Dancers emerge one by one and begin to move, holding something to their bodies. Their upper torsos repeatedly fold forward, arms flitting between legs and down their shins. Gradually the dancers' body movements become more intensely revealed, a powerful outpouring as if they are beating the hollow earth.

Part two
The scene begins with a solo, and develops through a duo and then a trio. A relentless, introspective will to dance discovers space, bodies, and music. Even though the dance is filled with despair, joy, and sorrow, a vivid hope is revealed. Can an individual really find a place to stand in this unfathomable world? Beethoven's ninth symphony, fourth movement. We and the world are moved by the structuredness of this music, by the breathtaking idea that all of it contains, and by its fluid beauty, In the last scene, the pulsating group, filled with loneliness, shatters the tranquillity.


STANDING photo

"Listening with new ears"
Nakao Ikemiya
It has been one year since the first performance of this piece in Germany, and now that it is to be performed in Japan I am discovering countless new ways in which I want to express things.
A tongue. That is to say, an advertising insert poking out from a newspaper. The way it sticks out from the paper makes it look like a tongue poking out from half opened lips.
A tongue so perfectly like a forbidden kiss. An endlessly appealing kiss, whether in a wastepaper basket, or put out with the burnable trash. Or the recyclable trash.
A brazen, distant, provocative kiss. A huge red kiss. Such an evocative, concealed sensation it will surely pierce our humanity to the very core.
We have made this red paper our touchstone. Even if it wounds and brings us pain.
This red paper brings forth the constant sound of friction, continuing even if it turns to ashes and dust. It knows no brinks or borders, and until touching people's eyes and hands and hearts it jangles rudely like a bell. Almost as if telling all things living free on earth to listen with new ears -- or in a metaphorical sense, to listen with all their might, with their entire bodies.
My aim is to respectfully unfold the soul of this. Passed from person to person, taken in hand, a kiss walks in your palm.(August, 1st 2003)
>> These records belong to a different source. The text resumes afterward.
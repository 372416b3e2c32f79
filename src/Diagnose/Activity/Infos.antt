-- ===== src/Diagnose/Activity/Infos.antt =====
-- The list that `build_infos` makes has one element for each entry, in the same order.
use podtrace.Prelude.{ℕ, ◌≡◌, ◌≢◌, refl, true, List, [], ◌∷◌, All, sum_by, arith}
use podtrace.Strings.{Bytes, codes}
use podtrace.Float.{Float}
use podtrace.Runtime.Order.{Ordered}
use podtrace.Counts.{Counts, nat_keys}
use podtrace.Counts.Laws.{tally}
use podtrace.Event.{Event}
use podtrace.ProcName.{ProcFs, Cache, or_else, get_process_name}
use podtrace.Diagnose.Activity.{PidInfo, pid_loop, resolve_name, build_infos}

pub pid_loop-tally :
    (es : List Event) (m : Counts ℕ) → pid_loop es m ≡ tally (λ e. true) (λ e. e.pid) es m
unfolding pid_loop tally
pid_loop-tally [] m = refl
pid_loop-tally (e ∷ es) m = pid_loop-tally es _

or_else-ne-nil : (s next : Bytes) → next ≢ [] → or_else s next ≢ []
or_else-ne-nil [] next h = h
or_else-ne-nil (c ∷ s) next h = cc

-- Every process is given a name.
resolve_name-ne-nil :
    (fs : ProcFs) (events : List Event) (c : Cache) (pid : ℕ)
    → (resolve_name fs events c pid).0 ≢ []
unfolding resolve_name
resolve_name-ne-nil fs events c pid =
    ground (arith, or_else-ne-nil (get_process_name fs c pid).0 (codes "unknown") (cc))

module _ (F : Type 0) ⦃f : Float F⦄ (fs : ProcFs) (events : List Event) where
  -- The list without the cache that comes with it.
  abbrev pub infos_of : Counts ℕ → Cache → List (PidInfo F)
  infos_of js c = (build_infos fs events js c).0

  -- What holds of the entries holds of the elements.
  pub infos_of-All :
      (P : ℕ → ℕ → Type 0) (js : Counts ℕ) (c : Cache)
      → All (λ j. P j.key j.count) js
      → All (λ i. P i.pid i.count) (infos_of js c)
  unfolding build_infos
  infos_of-All P [] c h = tt
  infos_of-All P (j ∷ js) c h = (h.0, infos_of-All P js _ h.1)

  pub infos_of-Distinct :
      (js : Counts ℕ) (c : Cache)
      → Ordered (λ i j. j.key ≢ i.key) js
      → Ordered (λ i j. j.pid ≢ i.pid) (infos_of js c)
  unfolding build_infos
  infos_of-Distinct [] c h = tt
  infos_of-Distinct (j ∷ js) c h =
      (infos_of-All (λ pid count. pid ≢ j.key) js _ h.0, infos_of-Distinct js _ h.1)

  pub sum_by-infos_of :
      (js : Counts ℕ) (c : Cache) → sum_by (λ i. i.count) (infos_of js c) ≡ sum_by (λ j. j.count) js
  unfolding build_infos
  sum_by-infos_of [] c = refl
  sum_by-infos_of (j ∷ js) c = omega (arith, sum_by-infos_of js (resolve_name fs events c j.key).1)

  pub infos_of-named : (js : Counts ℕ) (c : Cache) → All (λ i. i.name ≢ []) (infos_of js c)
  unfolding build_infos
  infos_of-named [] c = tt
  infos_of-named (j ∷ js) c = (resolve_name-ne-nil fs events c j.key, infos_of-named js _)
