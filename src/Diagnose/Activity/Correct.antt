-- ===== src/Diagnose/Activity/Correct.antt =====
-- What the process activity says of the events.
use mathlib.Core.List.Permᴰ.{symm}
use podtrace.Prelude.{
  ℕ, ◌≤◌, ◌≡◌, ◌≢◌, refl, sym, true, List, [], ◌∷◌, ◌==◌, All, sum_by, count_if, length, arith,
}
use podtrace.Float.{Float}
use podtrace.Runtime.{Runtime, IsRuntime}
use podtrace.Runtime.Order.{Ordered, IsDescending}
use podtrace.Runtime.Perm.{All-perm, sum_by-perm, Ordered-perm}
use podtrace.Counts.{Entry, Counts, nat_keys, count_of}
use podtrace.Counts.Laws.{
  count_of_entry, tally, total-tally, count_of-tally, tally-IsMap, tally-IsRaised,
}
use podtrace.Event.{Event}
use podtrace.ProcName.{ProcFs, Cache}
use podtrace.Diagnose.Activity.{PidInfo, analyze_process_activity}
use podtrace.Diagnose.Activity.Infos.{
  pid_loop-tally, infos_of, infos_of-All, infos_of-Distinct, sum_by-infos_of, infos_of-named,
}

-- The processes of the events: the busiest first, each once, with the number of its events, which
-- is not 0, and with a name; the numbers add up to all events.
pub record IsActivity {F : Type 0} (events : List Event) (infos : List (PidInfo F)) : Type 0 where
  pub descending : IsDescending (λ i. i.count) infos
  pub distinct : Ordered (λ i j. j.pid ≢ i.pid) infos
  pub exact : All (λ i. i.count ≡ count_if (λ e. e.pid == i.pid) events) infos
  pub active : All (λ i. 1 ≤ i.count) infos
  pub named : All (λ i. i.name ≢ []) infos
  pub complete : sum_by (λ i. i.count) infos ≡ length events

count_if-true : {A : Type 0} (xs : List A) → count_if (λ x. true) xs ≡ length xs
count_if-true [] = refl
count_if-true (x ∷ xs) = omega (arith, count_if-true xs)

exact_entries :
    (events : List Event) (m : Counts ℕ)
    → All (λ j. count_of j.key (tally (λ e. true) (λ e. e.pid) events []) ≡ j.count) m
    → All (λ j. j.count ≡ count_if (λ e. e.pid == j.key) events) m
unfolding count_of
exact_entries events [] h = tt
exact_entries events (j ∷ m) h = (
  omega (arith, h.0, count_of-tally (λ e. true) (λ e. e.pid) j.key events []),
  exact_entries events m h.1,
)

module _ {F : Type 0} ⦃f : Float F⦄ (r : Runtime F) (laws : IsRuntime F r) where
  -- Whatever order the map is visited in and whatever /proc and the cache say, the process activity
  -- lists each process once, the busiest first, with the number of its events, which is not 0, and
  -- with a name; the numbers add up to all events. The laws of Runtime are assumed.
  pub analyze_process_activity_lem :
      (fs : ProcFs) (events : List Event) (c : Cache)
      → IsActivity events (analyze_process_activity r fs events c).0
  unfolding analyze_process_activity
  analyze_process_activity_lem fs events c =
      let m = tally (λ e. true) (λ e. e.pid) events [] in
      let entries = r.iterate (Entry ℕ) m in
      let visited = laws.iterate_perm (Entry ℕ) m in
      let infos : List (PidInfo F) = infos_of F fs events entries c in
      let sorted = laws.sort_slice_perm (PidInfo F) _ infos in
      let map_of = tally-IsMap (λ e. true) (λ e. e.pid) events [] tt in
      rw (pid_loop-tally events []) (record {
        descending = laws.sort_slice_descending (PidInfo F) (λ i. i.count) infos;
        distinct =
            Ordered-perm (λ i j. j.pid ≢ i.pid) (λ i j n q. n (sym q)) (symm sorted)
              (infos_of-Distinct F fs events entries c
                (Ordered-perm (λ i j. j.key ≢ i.key) (λ i j n q. n (sym q)) (symm visited) map_of));
        exact = All-perm _ (symm sorted) (
            infos_of-All F fs events (λ pid count. count ≡ count_if (λ e. e.pid == pid) events)
              entries c
              (All-perm _ (symm visited) (exact_entries events m (count_of_entry m map_of))));
        active = All-perm _ (symm sorted) (
            infos_of-All F fs events (λ pid count. 1 ≤ count) entries c
              (All-perm _ (symm visited) (tally-IsRaised (λ e. true) (λ e. e.pid) events [] tt)));
        named = All-perm _ (symm sorted) (infos_of-named F fs events entries c);
        complete = omega (
          arith,
          sum_by-perm (λ i. i.count) sorted,
          sum_by-infos_of F fs events entries c,
          sum_by-perm (λ j. j.count) visited,
          total-tally (λ e. true) (λ e. e.pid) events [],
          count_if-true events,
        );
      })
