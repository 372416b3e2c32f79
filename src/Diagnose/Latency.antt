-- ===== src/Diagnose/Latency.antt =====
-- The part that the five analyses of internal/diagnose/diagnose.go share: latencies are collected,
-- summed up and compared with the largest so far, and at the end averaged, sorted and ranked.
pub mod Rank
pub mod Summary
use podtrace.Prelude.{
  ℕ, ◌+◌, ◌-◌, Option, none, some, List, [], ◌∷◌, ◌++◌, ◌==◌, if◌then◌else◌, length, get_elem?,
}
use podtrace.Float.{Float, millis}
use podtrace.Runtime.{Runtime}

pub record Timing (F : Type 0) : Type 0 where
  pub latencies : List F
  pub total : F
  pub max : F

-- `avg`, `max`, `p50`, `p95` and `p99` of a result.
pub record Latency (F : Type 0) : Type 0 where
  pub avg : F
  pub max : F
  pub p50 : F
  pub p95 : F
  pub p99 : F

-- `none` is the panic of a failed index; only `percentile` could raise one.
infixl 5 ◌>>=◌
abbrev pub ◌>>=◌ : {A B : Type 0} → Option A → (A → Option B) → Option B
none >>= g = none
some a >>= g = g a

module _ {F : Type 0} ⦃f : Float F⦄ where
  open f use {of_nat, add, mul, div, lt, to_nat}

  abbrev pub no_timing : Timing F
  no_timing = record { latencies = []; total = of_nat 0; max = of_nat 0 }

  -- One latency, in nanoseconds.
  unfoldable pub observe : Timing F → ℕ → Timing F
  observe t ns =
      let ms : F = millis ns in
      record {
        latencies = t.latencies ++ ms ∷ [];
        total = add t.total ms;
        max = if lt t.max ms then ms else t.max;
      }

  unfoldable pub percentile : List F → ℕ → Option F
  percentile [] p = some (of_nat 0)
  percentile (x ∷ xs) p =
      get_elem? (x ∷ xs) (to_nat (div (mul (of_nat (length (x ∷ xs) - 1)) (of_nat p)) (of_nat 100)))

  module _ (r : Runtime F) where
    -- The end of an analysis of so many events.
    unfoldable pub summarize : Timing F → ℕ → Option (Latency F)
    summarize t count =
        let nought : F = of_nat 0 in
        if count == 0
        then some (record { avg = nought; max = t.max; p50 = nought; p95 = nought; p99 = nought })
        else do
          let sorted = r.sort_floats t.latencies
          p50 ← percentile sorted 50
          p95 ← percentile sorted 95
          p99 ← percentile sorted 99
          some (record {
            avg = div t.total (of_nat count);
            max = t.max;
            p50 = p50;
            p95 = p95;
            p99 = p99;
          })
NRW-Feuilleton August 28,2002
EVA SCHMIDT (South German Newspaper)
These Japanese dancers, known as the performance group Nomade~s, seemed indeed as though they were actual nomads, swept underground in some modern metropolies. The movement on stage made one think of how one's own fears and uncertainties lurk like monsters within us. In the first performance of "Standing on the brink", Beethoven's Ninth became almost a scream, with no hint of joy.